The other two companions aren’t offensive or bad, but they ultimately felt unimportant, almost as though they were supposed to be temporary companions at some point. Giatta is a talented animancer that you meet in the Emerald Stair that is in the midst of a conflict with the leader of her settlement over her experiments. Yatzli is a flirty scholar that you also meet in the Emerald Stair, and she’s in a long-term relationship with Giatta’s mentor. I found Yatzli’s personality to be much more interesting and her character design – a fuzzy pink Orlan – stood out a fair bit more than Giatta. Unfortunately for both characters, their alignment is almost indistinguishable, and they are both introduced in rapid succession. This is a confusing choice as it makes the characters blend together, and this would have otherwise been an opportunity to introduce more inter-party conflict. Instead, we’re given two characters that are from the same place, they know the same people, and they largely believe the same things. It’s a brutally safe choice, and the lack of tension becomes more noticeable as the Envoy’s choices become more and more consequential but never seem to upset anyone to any notable degree.

Ash Chase has a fantastic video on her channel that explores the companions in more depth if you’d like a deeper dissection of the writing. While you’re at it, subscribe! Her channel is incredible, and it has somehow always manages to discuss the games that are on my mind (Baldur’s Gate 3, Dragon Age: The Veilguard, Absolum, etc).

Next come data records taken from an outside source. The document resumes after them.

-- ===== src/Catalog/Order.antt =====
-- The trees and the counts in a list of indexes of bptree.cc, whatever the names are.
use ccpbtree.Base.{
  ℕ, ◌+◌, ◌≤◌, ◌<◌, ◌≡◌, refl, sym, ◌∙◌, ◌⊎◌, inl, inr, some, List, [], ◌∷◌, ◌++◌, arith, ℤ, pos,
  ap,
}
use mathlib.Core.Path.{subst}
use ccpbtree.Server.{Text}
use ccpbtree.Catalog.{Strings, DbLink, found, find_link, set_threads}
use ccpbtree.Catalog.Links.{eq_of_text_eq, Option-cases}

-- The tree of a link was made, and its count is from 0 to the greatest `int`.
pub record Fine (next : ℕ) (l : DbLink) : Type 0 where
  pub made : l.nbt < next
  pub opens : ℕ
  pub count : l.num_open_threads ≡ pos opens
  pub small : opens ≤ 0x7FFFFFFF

abbrev pub Above : ℕ → List DbLink → Type 0
Above n [] = Unit {0}
Above n (l ∷ ls) = (n < l.nbt) × Above n ls

-- Every link is fine, and the trees stand in the order in which they were made.
abbrev pub Sorted : ℕ → List DbLink → Type 0
Sorted next [] = Unit {0}
Sorted next (l ∷ ls) = Fine next l × Above l.nbt ls × Sorted next ls

Above-append :
    (n : ℕ) (ls : List DbLink) (l : DbLink) → Above n ls → n < l.nbt → Above n (ls ++ l ∷ [])
Above-append n [] l a lt = (lt, tt)
Above-append n (k ∷ ls) l (first, rest) lt = (first, Above-append n ls l rest lt)

pub Sorted-append :
    (next : ℕ) (ls : List DbLink) (l : DbLink)
    → Sorted next ls
    → l.nbt ≡ next
    → l.num_open_threads ≡ pos 0
    → Sorted (next + 1) (ls ++ l ∷ [])
Sorted-append next [] l s new count =
    (record { made = omega arith; opens = 0; count = count; small = omega arith }, tt, tt)
Sorted-append next (k ∷ ls) l (fine, above, rest) new count = (
  record {
    made = omega (arith, fine.made);
    opens = fine.opens;
    count = fine.count;
    small = fine.small;
  },
  Above-append k.nbt ls l above (omega (arith, fine.made)),
  Sorted-append next ls l rest new count,
)

set_threads-cases :
    (b : Strings) (q : ℕ) (n : ℤ) (l : DbLink) (ls : List DbLink)
    → (set_threads b q n (l ∷ ls) ≡ record l { num_open_threads = n } ∷ ls)
      ⊎ (set_threads b q n (l ∷ ls) ≡ l ∷ set_threads b q n ls)
unfolding set_threads find_link
set_threads-cases b q n l ls = ground arith

Above-set_threads :
    (b : Strings) (q : ℕ) (n : ℤ) (m : ℕ) (ls : List DbLink)
    → Above m ls
    → Above m (set_threads b q n ls)
unfolding set_threads
Above-set_threads b q n m [] a = tt
Above-set_threads b q n m (l ∷ ls) (first, rest) = elim (set_threads-cases b q n l ls) [
  | inl here ↦ subst (Above m) (sym here) (first, rest)
  | inr other ↦ subst (Above m) (sym other) (first, Above-set_threads b q n m ls rest)
]

pub Sorted-set_threads :
    (b : Strings) (q n next : ℕ) (ls : List DbLink)
    → n ≤ 0x7FFFFFFF
    → Sorted next ls
    → Sorted next (set_threads b q (pos n) ls)
unfolding set_threads
Sorted-set_threads b q n next [] small s = tt
Sorted-set_threads b q n next (l ∷ ls) small (fine, above, rest) =
    elim (set_threads-cases b q (pos n) l ls) [
      | inl here ↦
          subst (Sorted next) (sym here)
            (record { made = fine.made; opens = n; count = refl; small = small }, above, rest)
      | inr other ↦ subst (Sorted next) (sym other) (
        fine,
        Above-set_threads b q (pos n) l.nbt ls above,
        Sorted-set_threads b q n next ls small rest,
      )
    ]

-- The link that is found is the first, or found behind it.
find_link-cases :
    (b : Strings) (name : Text) (k : DbLink) (ls : List DbLink) (l : DbLink)
    → find_link b name (k ∷ ls) ≡ found l
    → ((b k.name ≡ some name) × (l ≡ k)) ⊎ (find_link b name ls ≡ found l)
unfolding find_link
find_link-cases b name k ls l h = elim (Option-cases (b k.name)) [
  | inl absent ↦ ground (arith, absent)
  | inr (s, there) ↦ ground (arith, there, eq_of_text_eq name s)
]

pub find_link-Fine :
    (b : Strings) (name : Text) (next : ℕ) (ls : List DbLink) (l : DbLink)
    → Sorted next ls
    → find_link b name ls ≡ found l
    → Fine next l
unfolding find_link
find_link-Fine b name next [] l s h = cc
find_link-Fine b name next (k ∷ ls) l (fine, above, rest) h =
    elim (find_link-cases b name k ls l h) [
      | inl (e, same) ↦ subst (Fine next) (sym same) fine
      | inr later ↦ find_link-Fine b name next ls l rest later
    ]

find_link-Above :
    (b : Strings) (name : Text) (n : ℕ) (ls : List DbLink) (l : DbLink)
    → Above n ls
    → find_link b name ls ≡ found l
    → n < l.nbt
unfolding find_link
find_link-Above b name n [] l a h = cc
find_link-Above b name n (k ∷ ls) l (first, rest) h = elim (find_link-cases b name k ls l h) [
  | inl (e, same) ↦ rw same first
  | inr later ↦ find_link-Above b name n ls l rest later
]

some-inj : {A : Type 0} {x y : A} → some x ≡ some y → x ≡ y
some-inj h = cc

pub find_link-apart :
    (b : Strings) (x y : Text) (next : ℕ) (ls : List DbLink) (l m : DbLink)
    → Sorted next ls
    → find_link b x ls ≡ found l
    → find_link b y ls ≡ found m
    → l.nbt ≡ m.nbt
    → x ≡ y
unfolding find_link
find_link-apart b x y next [] l m s h g same = cc
find_link-apart b x y next (k ∷ ls) l m (fine, above, rest) h g same =
    elim (find_link-cases b x k ls l h) [
      | inl (e, first) ↦ elim (find_link-cases b y k ls m g) [
        | inl (e', first') ↦ some-inj (sym e ∙ e')
        | inr later ↦ absurd (
            omega (
              arith,
              find_link-Above b y k.nbt ls m above later,
              same,
              ap (λ (x : DbLink). x.nbt) first,
            ))
      ]
      | inr later ↦ elim (find_link-cases b y k ls m g) [
        | inl (e', first') ↦ absurd (
            omega (
              arith,
              find_link-Above b x k.nbt ls l above later,
              same,
              ap (λ (x : DbLink). x.nbt) first',
            ))
        | inr later' ↦ find_link-apart b x y next ls l m rest later later' same
      ]
    ]
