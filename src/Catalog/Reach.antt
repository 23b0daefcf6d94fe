-- ===== src/Catalog/Reach.antt =====
-- The catalogs that calls of `create`, `openIndex` and `closeIndex` lead to, in any order, from the
-- empty one. The strings may hold something else at each call.
use ccpbtree.Base.{
  ℕ, zero, suc, ◌+◌, ◌≤◌, ◌≡◌, refl, sym, ◌∙◌, ◌⊎◌, ◌↔◌, inl, inr, Bool, Bool-cases, Option, some,
  List, [], ◌∷◌, ◌++◌, arith, ℤ, pos, decrement, ap,
}
use ccpbtree.Server.{ErrCode, KeyType, Text, text_eq}
use ccpbtree.Catalog.{
  Strings, DbLink, Catalog, IdxState, returns, empty_catalog, Walk, found, at_end, bad_name,
  find_link, look_up, count_up, count_down, create, open_index, close_index, at_least_zero,
}
use ccpbtree.Catalog.Calls.{added, new_link, with_count}
use ccpbtree.Catalog.Links.{
  eq_of_text_eq, Option-cases, look_up_read, find_link-set_threads, find_link-set_threads_other,
}
use ccpbtree.Catalog.Order.{
  Fine, Sorted, Sorted-append, Sorted-set_threads, find_link-Fine, find_link-apart,
}

-- A call that returns, whatever it returns, where the strings hold `b`.
pub data Step (b : Strings) (c c' : Catalog) : Type 0 where
  creates :
      (log_opens : Bool) (type : KeyType) (q : ℕ) (e : ErrCode)
      → create log_opens type b q c ≡ returns e tt c'
      → Step b c c'
  opens :
      (q : ℕ) (e : ErrCode) (s : Option IdxState) → open_index b q c ≡ returns e s c' → Step b c c'
  closes :
      (s : IdxState) (e : ErrCode) (s' : IdxState)
      → close_index b s c ≡ returns e s' c'
      → Step b c c'

pub data Reachable : Catalog → Type 0 where
  start : Reachable empty_catalog
  then_step : {c c' : Catalog} (b : Strings) → Reachable c → Step b c c' → Reachable c'

pub Walk-cases : (w : Walk) → (w ≡ at_end) ⊎ (w ≡ bad_name) ⊎ ((l : DbLink) × (w ≡ found l))
Walk-cases at_end = inl refl
Walk-cases bad_name = inr (inl refl)
Walk-cases (found l) = inr (inr (l, refl))

-- A name that is found was read.
pub look_up-cases :
    (b : Strings) (q : ℕ) (ls : List DbLink) (l : DbLink)
    → look_up b q ls ≡ found l
    → (name : Text) × (b q ≡ some name) × (find_link b name ls ≡ found l)
look_up-cases b q [] l h = cc
look_up-cases b q (k ∷ ls) l h = elim (Option-cases (b q)) [
  | inl absent ↦ ground (arith, absent)
  | inr (name, read) ↦ (name, read, sym (look_up_read b q name (k ∷ ls) read) ∙ h)
]

-- What a call that returns does to the list: nothing, a new index, or a new count of one.
pub data Change (b : Strings) (c : Catalog) : Catalog → Type 0 where
  unchanged : {c' : Catalog} → c'.links ≡ c.links → c'.next_tree ≡ c.next_tree → Change b c c'
  index_added : {c' : Catalog} (type : KeyType) (q : ℕ) → c' ≡ added c type q → Change b c c'
  count_set :
      {c' : Catalog} (q : ℕ) (l : DbLink) (n : ℤ)
      → look_up b q c.links ≡ found l
      → ((m : ℕ)
          → l.num_open_threads ≡ pos m
          → m ≤ 0x7FFFFFFF
          → (k : ℕ) × (n ≡ pos k) × (k ≤ 0x7FFFFFFF))
      → c' ≡ with_count b c q n
      → Change b c c'

count_up_pos :
    (i n : ℤ)
    → count_up i ≡ some n
    → (m : ℕ) → i ≡ pos m
    → m ≤ 0x7FFFFFFF
    → (k : ℕ) × (n ≡ pos k) × (k ≤ 0x7FFFFFFF)
count_up_pos i n h m e le = (m + 1, ground (arith, e, h), ground (arith, e, h))

at_least_zero-decrement :
    (m : ℕ)
    → m ≤ 0x7FFFFFFF
    → (k : ℕ) × (at_least_zero (decrement (pos m)) ≡ pos k) × (k ≤ 0x7FFFFFFF)
at_least_zero-decrement zero le = (0, refl, omega arith)
at_least_zero-decrement (suc m) le = (m, refl, omega arith)

count_down_pos :
    (i n : ℤ)
    → count_down i ≡ some n
    → (m : ℕ) → i ≡ pos m
    → m ≤ 0x7FFFFFFF
    → (k : ℕ) × (at_least_zero n ≡ pos k) × (k ≤ 0x7FFFFFFF)
count_down_pos i n h m e le =
    let (k, same, small) = at_least_zero-decrement m le in
    let down : n ≡ decrement (pos m) = cc (h, ap count_down e) in
    (k, ap at_least_zero down ∙ same, small)

create-cases :
    (log_opens : Bool) (type : KeyType) (b : Strings) (q : ℕ) (e : ErrCode) (c c' : Catalog)
    → create log_opens type b q c ≡ returns e tt c'
    → ((c'.links ≡ c.links) × (c'.next_tree ≡ c.next_tree)) ⊎ (c' ≡ added c type q)
unfolding create
create-cases log_opens type b q e c c' h = ground arith

create-Change :
    (log_opens : Bool) (type : KeyType) (b : Strings) (q : ℕ) (e : ErrCode) (c c' : Catalog)
    → create log_opens type b q c ≡ returns e tt c'
    → Change b c c'
create-Change log_opens type b q e c c' h = elim (create-cases log_opens type b q e c c' h) [
  | inl (links, next) ↦ unchanged links next
  | inr eq ↦ index_added type q eq
]

open_index-Change :
    (b : Strings) (q : ℕ) (e : ErrCode) (s : Option IdxState) (c c' : Catalog)
    → open_index b q c ≡ returns e s c'
    → Change b c c'
unfolding open_index
open_index-Change b q e s c c' h = elim (Walk-cases (look_up b q c.links)) [
  | inl absent ↦ unchanged (ground (arith, absent)) (ground (arith, absent))
  | inr (inl bad) ↦ ground (arith, bad)
  | inr (inr (l, there)) ↦ elim (Option-cases (count_up l.num_open_threads)) [
    | inl over ↦ ground (arith, there, over)
    | inr (n, up) ↦
        count_set q l n there (count_up_pos l.num_open_threads n up) (ground (arith, there, up))
  ]
]

close_index-Change :
    (b : Strings) (s : IdxState) (e : ErrCode) (s' : IdxState) (c c' : Catalog)
    → close_index b s c ≡ returns e s' c'
    → Change b c c'
unfolding close_index
close_index-Change b s e s' c c' h = elim (Walk-cases (look_up b s.db_name c.links)) [
  | inl absent ↦ unchanged (ground (arith, absent)) (ground (arith, absent))
  | inr (inl bad) ↦ ground (arith, bad)
  | inr (inr (l, there)) ↦ elim (Option-cases (count_down l.num_open_threads)) [
    | inl over ↦ ground (arith, there, over)
    | inr (n, down) ↦
        count_set s.db_name l (at_least_zero n) there (count_down_pos l.num_open_threads n down)
          (ground (arith, there, down))
  ]
]

pub Step-Change : {b : Strings} {c c' : Catalog} → Step b c c' → Change b c c'
Step-Change {b} {c} {c'} (creates log type q e h) = create-Change log type b q e c c' h
Step-Change {b} {c} {c'} (opens q e s h) = open_index-Change b q e s c c' h
Step-Change {b} {c} {c'} (closes s e s' h) = close_index-Change b s e s' c c' h

Change-Sorted :
    {b : Strings} {c c' : Catalog}
    → Change b c c'
    → Sorted c.next_tree c.links
    → Sorted c'.next_tree c'.links
Change-Sorted (unchanged links next) s = rw (links, next) s
Change-Sorted {b} {c} (index_added type q e) s =
    rw e (Sorted-append c.next_tree c.links (new_link c type q) s refl refl)
Change-Sorted {b} {c} (count_set q l n there keeps e) s =
    let (name, read, linked) = look_up-cases b q c.links l there in
    let fine = find_link-Fine b name c.next_tree c.links l s linked in
    let (k, same, small) = keeps fine.opens fine.count fine.small in
    rw (e, same) (Sorted-set_threads b q k c.next_tree c.links small s)

Reachable-Sorted : {c : Catalog} → Reachable c → Sorted c.next_tree c.links
Reachable-Sorted start = tt
Reachable-Sorted (then_step b r s) = Change-Sorted (Step-Change s) (Reachable-Sorted r)

-- Whatever calls of `create`, `openIndex` and `closeIndex` return, in whatever order, from the empty
-- list on, where the strings that the names point to may change between two calls: by whatever the
-- strings hold in the end, a link that is found has a tree that was made and a count from 0 to the
-- greatest `int`, and two names that are found have the same tree exactly when they are the same. (A
-- call whose count would leave the `int` range does not return.)
pub Reachable-Fine :
    {c : Catalog} (b : Strings) (x y : Text) (l m : DbLink)
    → Reachable c
    → find_link b x c.links ≡ found l
    → find_link b y c.links ≡ found m
    → Fine c.next_tree l × ((l.nbt ≡ m.nbt) ↔ (x ≡ y))
Reachable-Fine {c} b x y l m r h g = (
  find_link-Fine b x c.next_tree c.links l (Reachable-Sorted r) h,
  (
    λ same. find_link-apart b x y c.next_tree c.links l m (Reachable-Sorted r) h g same,
    λ same. cc (same, h, g),
  ),
)

find_link-found_append :
    (b : Strings) (name : Text) (ls : List DbLink) (l k : DbLink)
    → find_link b name ls ≡ found l
    → find_link b name (ls ++ k ∷ []) ≡ found l
unfolding find_link
find_link-found_append b name [] l k h = cc
find_link-found_append b name (m ∷ ls) l k h = ground (arith, find_link-found_append b name ls l k)

-- The index of a name, once there, keeps its tree and its key type through every call that returns,
-- as long as the strings keep their contents.
pub Change-find :
    {b : Strings} {c c' : Catalog}
    → Change b c c'
    → (name : Text) (l : DbLink) → find_link b name c.links ≡ found l
    → (m : DbLink) × (find_link b name c'.links ≡ found m) × (m.nbt ≡ l.nbt) × (m.type ≡ l.type)
Change-find (unchanged links next) name l h = (l, rw links h, refl, refl)
Change-find {b} {c} (index_added type q e) name l h =
    (l, rw e (find_link-found_append b name c.links l (new_link c type q) h), refl, refl)
Change-find {b} {c} (count_set q k n there keeps e) name l h =
    let (key, read, linked) = look_up-cases b q c.links k there in
    elim (Bool-cases (text_eq name key)) [
      | inl same ↦
          let eq : name ≡ key = eq_of_text_eq name key same in
          (
            record k { num_open_threads = n },
            rw (e, eq) (find_link-set_threads b q key n c.links k read linked),
            cc (linked, h, eq),
            cc (linked, h, eq),
          )
      | inr different ↦ (
        l,
        rw e (find_link-set_threads_other b q key name n c.links read different ∙ h),
        refl,
        refl,
      )
    ]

Exploration & Combat (Again and Again)

The opening hour of Avowed is, for better or worse, representative of how the vast majority of your time in the Living Lands will play out. You’ll pick up one of a few types of weapons for each hand, and then you’ll start blasting and slashing your way through Xaurips. There are a number of dual-wielding or two-handed options available, and each is given basic and charged attack variants. You can also pick up grimoires which always go in your left hand and allow you to cast from a list of four spells without needing to invest in learning the spells. Finally, you’re given a basic dodge backwards, left, or right that can be used to avoid damage, or a parry if you’d prefer. After combat, you can use your absurdly high jump and parkour skills to climb around the (strangely blocky) environment. I found the platforming aspect to be very polished, and there was maybe only a single time over the course of the entire game where I felt like this system unfairly caused a death for me. This dance of combat and vertical exploration will make up 90% of your time in Eora this go-round, and while it leaves a good first impression, the fact that it doesn’t evolve too far beyond this is disappointing.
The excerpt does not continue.